Stored data:
-- ===== src/Policy/Change/Undone.antt =====
-- internal/policy/document.go: RemoveEntry takes back what AddEntry added.
use hydrascale.Common.{
  ℕ, suc, true, Option, none, some, Text, text_eq, ◌≡◌, refl, inl, inr, ◌==◌, if◌then◌else◌,
  Bool-cases, Result-cases, arith, ap, sym, ◌∙◌, subst,
}
use hydrascale.Config.{pos}
use hydrascale.Policy.Tree.{
  HuJson, Content, object, array, literal, Name, Members, no_members, member, Elements, no_elements,
  element, join_elements, member_name, count, new_array_element,
}
use hydrascale.Policy.Document.{
  Edited, on_array, change_section, add_value, add_element, add_entry, remove_entry, remove_element,
  remove_at, position,
}

-- The entries of a value that is a list.
abbrev entries_of : Content → Option Elements
entries_of (array es extra) = some es
entries_of (object ms extra) = none
entries_of (literal text) = none

remove_at-join_elements :
    (es : Elements) (b : Text) (c : Content) (a : Option Text)
    → remove_at (count es) (join_elements es (element b c a no_elements)) ≡ es
unfolding remove_at count join_elements
remove_at-join_elements no_elements b c a = refl
remove_at-join_elements (element b1 c1 a1 rest) b c a = rw (remove_at-join_elements rest b c a) refl

count-join_elements :
    (es : Elements) (b : Text) (c : Content) (a : Option Text)
    → count (join_elements es (element b c a no_elements)) ≡ suc (count es)
unfolding count join_elements
count-join_elements no_elements b c a = refl
count-join_elements (element b1 c1 a1 rest) b c a = rw (count-join_elements rest b c a) refl

position_last : (n : ℕ) → position (pos n) (suc n) ≡ some n
unfolding position
position_last n = ground arith

module _ (hu : HuJson) where
  -- The entries of the first section of that name, where it is a list.
  unfoldable pub array_at : Text → Members → Option Elements
  array_at section no_members = none
  array_at section (member n b c a rest) =
      let later = array_at section rest in
      if member_name hu n == section then entries_of c else later

  remove_last :
      (section : Text) (n : Name) (es : Elements) (b : Text) (c : Content) (a : Option Text)
      → remove_element hu section (pos (count es)) n (join_elements es (element b c a no_elements))
        ≡ (es, none)
  unfolding remove_element
  remove_last section n es b c a =
      rw
        (
          remove_element,
          count-join_elements es b c a,
          position_last (count es),
          remove_at-join_elements es b c a,
        )
        refl

  remove_element-add_element :
      (section : Text) (value : Content) (n : Name) (es : Elements)
      → remove_element hu section (pos (count es)) n (add_element hu value n es).0 ≡ (es, none)
  unfolding add_element new_array_element
  remove_element-add_element section value n es = remove_last section n es _ _ _

  Undo : Text → Content → Elements → Members → Type 0
  Undo section value es ms =
      (after : Members) × (change_section hu section (on_array section (add_element hu value)) ms
        ≡ some (after, none))
      × (change_section hu section (on_array section (remove_element hu section (pos (count es))))
            after
          ≡ some (ms, none))

  add_element-none :
      (value : Content) (n : Name) (es : Elements) → (add_element hu value n es).1 ≡ none
  unfolding add_element
  add_element-none value n es = refl

  array-Undo :
      (section : Text) (value : Content) (es : Elements) (n : Name) (b extra : Text)
      (a : Option Text) (rest : Members)
      → (member_name hu n == section) ≡ true
      → Undo section value es (member n b (array es extra) a rest)
  unfolding Undo change_section
  array-Undo section value es n b extra a rest same = (
    member n b (array (add_element hu value n es).0 extra) a rest,
    rw same (rw (add_element-none value n es) refl),
    rw same (rw (remove_element-add_element section value n es) refl),
  )

  entries_of-Undo :
      (section : Text) (value : Content) (es : Elements) (n : Name) (b : Text) (c : Content)
      (a : Option Text) (rest : Members)
      → (member_name hu n == section) ≡ true
      → entries_of c ≡ some es
      → Undo section value es (member n b c a rest)
  entries_of-Undo section value es n b (array items extra) a rest same h =
      let e : items ≡ es = ground (arith, h) in
      subst (λ x. Undo section value x (member n b (array items extra) a rest)) e
        (array-Undo section value items n b extra a rest same)
  entries_of-Undo section value es n b (object ms extra) a rest same h = absurd (ground (arith, h))
  entries_of-Undo section value es n b (literal text) a rest same h = absurd (ground (arith, h))

  array_at-Undo :
      (section : Text) (value : Content) (es : Elements) (ms : Members)
      → array_at section ms ≡ some es
      → Undo section value es ms
  unfolding Undo change_section array_at
  array_at-Undo section value es no_members h = absurd (ground (arith, h))
  array_at-Undo section value es (member n b c a rest) h =
      elim (Bool-cases (member_name hu n == section)) [
        | inl same ↦ entries_of-Undo section value es n b c a rest same (ground (arith, h, same))
        | inr other ↦
            let (after, added, removed) =
              array_at-Undo section value es rest (ground (arith, h, other)) in
            (member n b c a after, rw (other, added) refl, rw (other, removed) refl)
      ]

  -- Where AddEntry added an entry to a list section that the document held, RemoveEntry of the
  -- last position gives back the document before, with all its bytes.
  pub remove_entry-add_entry :
      (section entry : Text) (ms : Members) (extra : Text) (es : Elements) (after : Content)
      → array_at section ms ≡ some es
      → add_entry hu section entry (object ms extra) ≡ (after, none)
      → remove_entry hu section (pos (count es)) after ≡ (object ms extra, none)
  unfolding add_entry add_value remove_entry Undo
  remove_entry-add_entry section entry ms extra es after held added =
      elim (Result-cases (hu.parse entry)) [
        | inr (failure, bad) ↦ absurd (ground (arith, added, bad))
        | inl (value, good) ↦
            let (members, put, removed) = array_at-Undo section value.content es ms held in
            let run : add_entry hu section entry (object ms extra) ≡ (object members extra, none) =
              rw (add_entry, good) (rw (add_value, put) refl) in
            let e : after ≡ object members extra =
              ap (λ (x : Edited Content). x.0) (sym added ∙ run) in
            rw e (rw (remove_entry, removed) refl)
      ]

(Your objective) Filter the records above and return every line that holds the word "later".

(Completed task)
      let later = array_at section rest in
      if member_name hu n == section then entries_of c else later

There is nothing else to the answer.